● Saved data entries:
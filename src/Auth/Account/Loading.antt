-- ===== src/Auth/Account/Loading.antt =====
-- What a loaded account is, and which files are loaded.
use st5039cmd.Base.{
  ℕ, zero, suc, ◌-◌, ◌≤◌, ◌<◌, ◌≡◌, inl, inr, refl, ap, Bool, false, not, ◌||◌, List, [], ◌∷◌, ◌++◌,
  Option, none, some, length, take, replicate, All, ltb, ◌==◌, arith, Bool-cases, Option-cases,
}
use st5039cmd.Base.CString.{c_string, print_zeroed, length-print_zeroed}
use st5039cmd.Base.Stdio.{File, Line, file_lines}
use st5039cmd.Auth.Request.{DemoCredential, IsCredential}
use st5039cmd.Auth.Account.{
  is_break, before_break, is_ignored, has_colon, split_colon, accept_account, parse_account,
  is_too_long, load_lines, finish_loading, load_demo_credential,
}

abbrev pub HasNoNul : List ℕ → Type 0
HasNoNul = All (λ c. (c == 0) ≡ false)

c_string-HasNoNul : (xs : List ℕ) → HasNoNul (c_string xs)
unfolding c_string
c_string-HasNoNul [] = tt
c_string-HasNoNul (x ∷ xs) = elim (Bool-cases (x == 0)) [
  | inl nul ↦ rw nul tt
  | inr other ↦ rw other (other, c_string-HasNoNul xs)
]

before_break-HasNoNul : (xs : List ℕ) → HasNoNul xs → HasNoNul (before_break xs)
unfolding before_break
before_break-HasNoNul [] h = tt
before_break-HasNoNul (x ∷ xs) h = elim (Bool-cases (is_break x)) [
  | inl over ↦ rw over tt
  | inr on ↦ rw on (h.0, before_break-HasNoNul xs h.1)
]

pub c_string-ended : (xs ys : List ℕ) → HasNoNul xs → c_string (xs ++ 0 ∷ ys) ≡ xs
unfolding c_string
c_string-ended [] ys h = refl
c_string-ended (x ∷ xs) ys h = rw h.0 (ap (◌∷◌ x) (c_string-ended xs ys h.1))

take-all : (n : ℕ) (xs : List ℕ) → length xs ≤ n → take n xs ≡ xs
take-all zero [] h = refl
take-all zero (x ∷ xs) h = absurd (omega arith)
take-all (suc n) [] h = refl
take-all (suc n) (x ∷ xs) h = ap (◌∷◌ x) (take-all n xs (omega arith))

-- A string that fits its buffer is stored whole.
c_string-print_zeroed :
    (n : ℕ) (xs : List ℕ) → HasNoNul xs → length xs ≤ n → c_string (print_zeroed n xs) ≡ xs
unfolding print_zeroed
c_string-print_zeroed n xs h fits =
    let room : suc n - length xs ≡ suc (n - length xs) = omega arith in
    rw (take-all n xs fits, room) (c_string-ended xs (replicate (n - length xs) 0) h)

-- A pair of strings that hold no NUL.
abbrev pub BothClean : List ℕ × List ℕ → Type 0
BothClean (u, p) = HasNoNul u × HasNoNul p

abbrev pub AllClean : Option (List ℕ × List ℕ) → Type 0
AllClean none = Unit {0}
AllClean (some parts) = BothClean parts

split_colon-AllClean : (xs : List ℕ) → HasNoNul xs → AllClean (split_colon xs)
unfolding split_colon
split_colon-AllClean [] h = tt
split_colon-AllClean (x ∷ xs) h =
    let ih = split_colon-AllClean xs h.1 in
    elim (Bool-cases (x == b':')) [
      | inl colon ↦ rw colon (tt, h.1)
      | inr other ↦ rw other (elim (Option-cases (split_colon xs)) [
        | inl missing ↦ rw missing tt
        | inr ((u, p), found) ↦
            let clean : BothClean (u, p) = rw found at ih in rw found ((h.0, clean.0), clean.1)
      ])
    ]

-- What an accepted account is.
abbrev pub Sound : Option DemoCredential → Type 0
Sound none = Unit {0}
Sound (some c) = IsCredential c

accept_account-Sound :
    (parts : Option (List ℕ × List ℕ)) → AllClean parts → Sound (accept_account parts)
unfolding accept_account
accept_account-Sound none h = tt
accept_account-Sound (some (u, p)) h = elim (Bool-cases (has_colon p)) [
  | inl more ↦ rw more tt
  | inr free ↦
      rw free
        (elim (Bool-cases
          (length u == 0 || ltb 64 (length u) || length p == 0 || ltb 128 (length p))) [
            | inl bad ↦ rw bad tt
            | inr good ↦
                let (some_name, short_name, some_word, short_word) = in_bounds good in
                let name = c_string-print_zeroed 64 u h.0 short_name in
                let word = c_string-print_zeroed 128 p h.1 short_word in
                rw good (record {
                  username_size = length-print_zeroed 64 u;
                  password_size = length-print_zeroed 128 p;
                  username_given = rw name some_name;
                  password_given = rw word some_word;
                  username_ended = rw name short_name;
                  password_ended = rw word short_word;
                })
          ])
]
  where
    in_bounds :
        (length u == 0 || ltb 64 (length u) || length p == 0 || ltb 128 (length p)) ≡ false
        → (0 < length u) × (length u ≤ 64) × (0 < length p) × (length p ≤ 128)
    in_bounds good = ground (arith, good)

abbrev pub SoundFound : Option (Option DemoCredential) → Type 0
SoundFound none = Unit {0}
SoundFound (some found) = Sound found

parse_account-Sound : (text : List ℕ) → Sound (parse_account (before_break (c_string text)))
unfolding parse_account
parse_account-Sound text =
    let line = before_break (c_string text) in
    accept_account-Sound (split_colon line)
      (split_colon-AllClean line (before_break-HasNoNul (c_string text) (c_string-HasNoNul text)))

load_lines-Sound :
    (ls : List Line) (found : Option DemoCredential)
    → Sound found
    → SoundFound (load_lines ls found)
unfolding load_lines
load_lines-Sound [] found h = h
load_lines-Sound (l ∷ ls) found h =
    let line = before_break (c_string l.text) in
    elim (Bool-cases (is_too_long l)) [
      | inl long ↦ rw (long, load_lines) tt
      | inr fits ↦ elim (Bool-cases (is_ignored line)) [
        | inl skip ↦ rw (fits, skip, load_lines) (load_lines-Sound ls found h)
        | inr used ↦ elim (Option-cases found) [
          | inr (c, again) ↦ rw (fits, used, again, load_lines) tt
          | inl fresh ↦ elim (Option-cases (parse_account line)) [
            | inl bad ↦ rw (fits, used, fresh, bad, load_lines) tt
            | inr (c, good) ↦
                let sound : Sound (some c) = rw good at (parse_account-Sound l.text) in
                rw (fits, used, fresh, good, load_lines) (load_lines-Sound ls (some c) sound)
          ]
        ]
      ]
    ]

finish_loading-Sound :
    (failed closes : Bool) (r : Option (Option DemoCredential))
    → SoundFound r
    → Sound (finish_loading failed closes r)
unfolding finish_loading
finish_loading-Sound failed closes none h = tt
finish_loading-Sound failed closes (some found) h = elim (Bool-cases (failed || not closes)) [
  | inl bad ↦ rw bad tt
  | inr good ↦ rw good h
]

-- Whatever the file holds, an account that is loaded consists of two NUL-terminated strings in
-- buffers of their declared sizes, neither empty nor longer than its maximum.
pub load_demo_credential-IsCredential :
    (file : Option File) (closes : Bool) (c : DemoCredential)
    → load_demo_credential file closes ≡ some c
    → IsCredential c
unfolding load_demo_credential
load_demo_credential-IsCredential none closes c e = cc
load_demo_credential-IsCredential (some file) closes c e =
    let sound =
      finish_loading-Sound file.fails closes _ (load_lines-Sound (file_lines 195 file) none tt) in
    let given : Sound (some c) = rw e at sound in given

● Exercise details:
Show every line of the entries above where the word "parts" occurs.

● Solution to this task:
AllClean (some parts) = BothClean parts
    (parts : Option (List ℕ × List ℕ)) → AllClean parts → Sound (accept_account parts)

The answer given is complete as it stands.